Yes, there are mysteries involved in these books, but I wouldn’t call them mystery novels. I’d say their fantastic cleverness and hilarity pretty much defies classification. Isabel Spellman is one of my favorite narrators ever–she’s hilarious! All of the characters have their quirks (I couldn’t tell you about each one specifically here, but all of the characters are so great, and so unique, I can’t begin to pick a favorite!), and they’re all delightful to read about. I wouldn’t say that plotting is Lisa Lutz’s strength, but with the overall awesomeness of these books, it doesn’t need to be. Someone described them to me as “choppy,” and I suppose that’s true. The stories are told in an unorthodox way, with transcripts and scenes with lots of dialogue and footnotes. But I didn’t find it to be a flaw–it’s all captivating and hilarious, and the format really just works for the story, though there are plenty of stories where it would be a flaw. It’s witty dialogue, interesting interactions between characters–and if it’s done well, any weird way of writing can turn out wonderfully.

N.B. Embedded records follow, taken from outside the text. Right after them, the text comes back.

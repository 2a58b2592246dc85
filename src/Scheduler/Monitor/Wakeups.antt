-- ===== src/Scheduler/Monitor/Wakeups.antt =====
-- The threads that sleep at the task queue of src/scheduler.c, and the order of its tasks.
use thread_management_librar.Base.{
  ℕ, ◌+◌, ◌≤◌, ◌<◌, ◌≡◌, ◌≢◌, refl, Bool, true, false, ◌⊎◌, inl, inr, arith, ltb, List, [], ◌∷◌,
  ◌++◌, ap, length, Bool-cases,
}
use thread_management_librar.Base.Threads.{assign, how_many, how_many-pos, find_one}
use thread_management_librar.Scheduler.Store.{Task}
use thread_management_librar.Scheduler.Fifo
use thread_management_librar.Scheduler.Fifo.{
  Taken, Accept, Fifo, is_full, accepted, refused, full, took, closed, empty,
}
use thread_management_librar.Scheduler.Monitor.{
  Pc, idle, ready_push, asleep_push, ready_pop, asleep_pop, is_ready_push, is_ready_pop,
  is_asleep_pop, is_asleep_push, rouse, System, Step, Reach, Woken, one, nobody, push_in, Room,
  bounded, unbounded, pop_out,
}
use thread_management_librar.Scheduler.Monitor.Tally.{tally}
use thread_management_librar.Scheduler.Monitor.Invariant.{Inv, Reach-Inv}

is_ready_pop-eq : (p : Pc) → is_ready_pop p ≡ true → p ≡ ready_pop
is_ready_pop-eq p e = ground arith

is_ready_push-eq : (p : Pc) → is_ready_push p ≡ true → (t : Task) × (p ≡ ready_push t)
is_ready_push-eq (ready_push t) e = (t, refl)
is_ready_push-eq idle e = cc
is_ready_push-eq ready_pop e = cc
is_ready_push-eq asleep_pop e = cc
is_ready_push-eq (asleep_push t) e = cc

-- While somebody sleeps the queue is not shut down.
not_shut :
    (n : ℕ) (s : System)
    → Inv n s
    → 0 < (tally n s.pc).asleep_pops + (tally n s.pc).asleep_pushes
    → s.fifo.shutdown ≡ false
not_shut n s h some_asleep = elim (Bool-cases s.fifo.shutdown) [
  | inl down ↦ let (x, y) = h.closed down in absurd (omega arith)
  | inr up ↦ up
]

length-pos : (l : List Task) → l ≢ [] → 0 < length l
length-pos [] ne = absurd (ne refl)
length-pos (t ∷ l) ne = omega arith

module _ {n capacity : ℕ} {s : System} (r : Reach n capacity s) where
  -- In every reachable state: while a consumer sleeps in `task_queue_pop` and the queue holds a
  -- task, another thread is awake in `task_queue_pop` and about to take the lock.
  pub consumer_not_lost :
      (i : ℕ)
      → i < n
      → s.pc i ≡ asleep_pop
      → s.fifo.tasks ≢ []
      → (j : ℕ) × (j < n) × (s.pc j ≡ ready_pop)
  consumer_not_lost i lt e some_task =
      let h = Reach-Inv r in
      let asleep = how_many-pos is_asleep_pop n i s.pc lt (rw e) in
      let enough = h.consumers (not_shut n s h (omega arith)) asleep in
      let (j, lt', ready) =
        find_one is_ready_pop n s.pc (omega (arith, length-pos s.fifo.tasks some_task)) in
      (j, lt', is_ready_pop-eq (s.pc j) ready)

  -- In every reachable state: while a producer sleeps in `task_queue_push` and the queue has room,
  -- another thread is awake in `task_queue_push` and about to take the lock.
  pub producer_not_lost :
      (i : ℕ) (t : Task)
      → i < n
      → s.pc i ≡ asleep_push t
      → length s.fifo.tasks < s.fifo.capacity
      → (j : ℕ) × (u : Task) × (j < n) × (s.pc j ≡ ready_push u)
  producer_not_lost i t lt e room =
      let h = Reach-Inv r in
      let asleep = how_many-pos is_asleep_push n i s.pc lt (rw e) in
      let enough = h.producers (not_shut n s h (omega arith)) asleep in
      let (j, lt', ready) = find_one is_ready_push n s.pc (omega arith) in
      let (u, e') = is_ready_push-eq (s.pc j) ready in (j, u, lt', e')

  -- In every reachable state: if a consumer and a producer sleep at once on a queue with a bound, a
  -- third thread is awake in a call and about to take the lock, so the sleepers do not deadlock.
  pub no_deadlock :
      (i k : ℕ) (t : Task)
      → i < n
      → k < n
      → s.pc i ≡ asleep_pop
      → s.pc k ≡ asleep_push t
      → 0 < s.fifo.capacity
      → (j : ℕ) × (j < n) × ((s.pc j ≡ ready_pop) ⊎ ((u : Task) × (s.pc j ≡ ready_push u)))
  no_deadlock i k t lt lt' e e' pos =
      elim (Bool-cases (ltb (length s.fifo.tasks) s.fifo.capacity)) [
        | inl room ↦
            let (j, u, below, ready) = producer_not_lost k t lt' e' (ground arith) in
            (j, below, inr (u, ready))
        | inr no_room ↦
            let (j, below, ready) =
              consumer_not_lost i lt e
                (λ none_left. absurd (ground (arith, ap length none_left))) in
            (j, below, inl ready)
      ]

  -- In every reachable state after the shutdown no thread sleeps in a push or a pop.
  pub none_asleep_after_shutdown :
      s.fifo.shutdown ≡ true
      → (i : ℕ) → i < n
      → (s.pc i ≢ asleep_pop) × ((t : Task) → s.pc i ≢ asleep_push t)
  none_asleep_after_shutdown down i lt =
      let (x, y) = (Reach-Inv r).closed down in
      (
        λ e. absurd (omega (arith, how_many-pos is_asleep_pop n i s.pc lt (rw e))),
        λ t e. absurd (omega (arith, how_many-pos is_asleep_push n i s.pc lt (rw e))),
      )

  -- In every reachable state the accepted tasks are, in order, those that were taken, followed by
  -- those that are queued, and a bounded queue is within its bound.
  pub tasks_in_order :
      (s.pushed ≡ s.popped ++ s.fifo.tasks)
      × ((s.fifo.capacity ≡ 0) ⊎ (length s.fifo.tasks ≤ s.fifo.capacity))
  tasks_in_order =
      let h = Reach-Inv r in
      (
        h.history,
        elim (Bool-cases (ltb 0 s.fifo.capacity)) [
          | inl pos ↦ inr (h.bounded (ground arith))
          | inr no_bound ↦ inl (ground arith)
        ],
      )

-- A signal can always be sent.
pub can_wake : (n : ℕ) (asleep : Pc → Bool) (pc : ℕ → Pc) → (pc' : ℕ → Pc) × Woken n asleep pc pc'
can_wake n asleep pc = elim (Bool-cases (ltb 0 (how_many asleep n pc))) [
  | inl some_asleep ↦
      let (j, lt, e) = find_one asleep n pc (ground arith) in
      (assign pc j (rouse (pc j)), one j lt e)
  | inr none_asleep ↦ (
    pc,
    nobody λ j lt. elim (Bool-cases (asleep (pc j))) [
      | inl e ↦ let pos = how_many-pos asleep n j pc lt e in absurd (ground arith)
      | inr e ↦ e
    ],
  )
]

can_ease : (n capacity : ℕ) (pc : ℕ → Pc) → (pc' : ℕ → Pc) × Room n capacity pc pc'
can_ease n capacity pc = elim (Bool-cases (ltb 0 capacity)) [
  | inl pos ↦ let (pc', w) = can_wake n is_asleep_push pc in (pc', bounded (ground arith) w)
  | inr free ↦ (pc, unbounded (ground arith))
]

head_taken :
    (ts : List Task) (t : Task) (f : Fifo) {rest : List Task}
    → ts ≡ t ∷ rest
    → Fifo.pop_from ts f ≡ (took t, record f { tasks = rest })
head_taken ts t f e = rw e

module _ {n capacity : ℕ} {s : System} (r : Reach n capacity s) where
  -- In every reachable state: while a consumer sleeps and the queue holds a task, a step is possible
  -- at once in which an awake consumer takes the oldest task.
  pub task_can_be_taken :
      (i : ℕ) (t : Task) (rest : List Task)
      → i < n
      → s.pc i ≡ asleep_pop
      → s.fifo.tasks ≡ t ∷ rest
      → (s' : System) × Step n s s' × (s'.popped ≡ s.popped ++ t ∷ []) × (s'.fifo.tasks ≡ rest)
  unfolding Fifo.pop
  task_can_be_taken i t rest lt e some_task =
      let (j, lt', ready) = consumer_not_lost r i lt e (λ none_left. cc) in
      let (pc', room) = can_ease n s.fifo.capacity (assign s.pc j idle) in
      (_, pop_out j lt' (rw ready) (head_taken s.fifo.tasks t s.fifo some_task) room, refl, refl)

  -- In every reachable state: while a producer sleeps and the queue has room, a step is possible at
  -- once in which an awake producer puts its task at the end of the queue.
  pub task_can_be_queued :
      (i : ℕ) (t : Task)
      → i < n
      → s.pc i ≡ asleep_push t
      → length s.fifo.tasks < s.fifo.capacity
      → (s' : System) × (u : Task) × Step n s s'
        × (s'.pushed ≡ s.pushed ++ u ∷ [])
        × (s'.fifo.tasks ≡ s.fifo.tasks ++ u ∷ [])
  task_can_be_queued i t lt e room =
      let h = Reach-Inv r in
      let asleep = how_many-pos is_asleep_push n i s.pc lt (rw e) in
      let up = not_shut n s h (omega arith) in
      let (j, u, lt', ready) = producer_not_lost r i t lt e room in
      let (pc', woken) = can_wake n is_asleep_pop (assign s.pc j idle) in
      let accept = Fifo.push_up u s.fifo up (ground arith) in
      (_, u, push_in j u lt' ready accept woken, refl, refl)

Both Spellman books are smart, funny, and almost completely insane, in a way that is also just plain amazing. I seriously could not put either one down. The personal stories and interactions ring true, and the laughter is almost constant. Luckily, I believe there is a third crazy and chaotic adventure on the way!

North of Beautiful is Justina Chen Headley’s third book, and she just keeps getting more and more awesome. The protagonist of this novel, Terra Rose Cooper, is a girl who works hard to keep her body perfect, but that’s not what makes strangers stop and stare. Terra has a port wine stain covering the left side of her face. This blemish is all that many people notice, and it’s taken a toll on her life.

Another less-than-perfect aspect of Terra’s life is her overly controlling father. Terra can’t wait to escape to college three thousand miles away from him, but this is more complicated than it seems. Everything is always more complicated than it seems. Oh, and there’s also a romance aspect to this book–Terra meets Jacob and is falling for him, even though she’s already got a boyfriend who everyone thinks is perfect.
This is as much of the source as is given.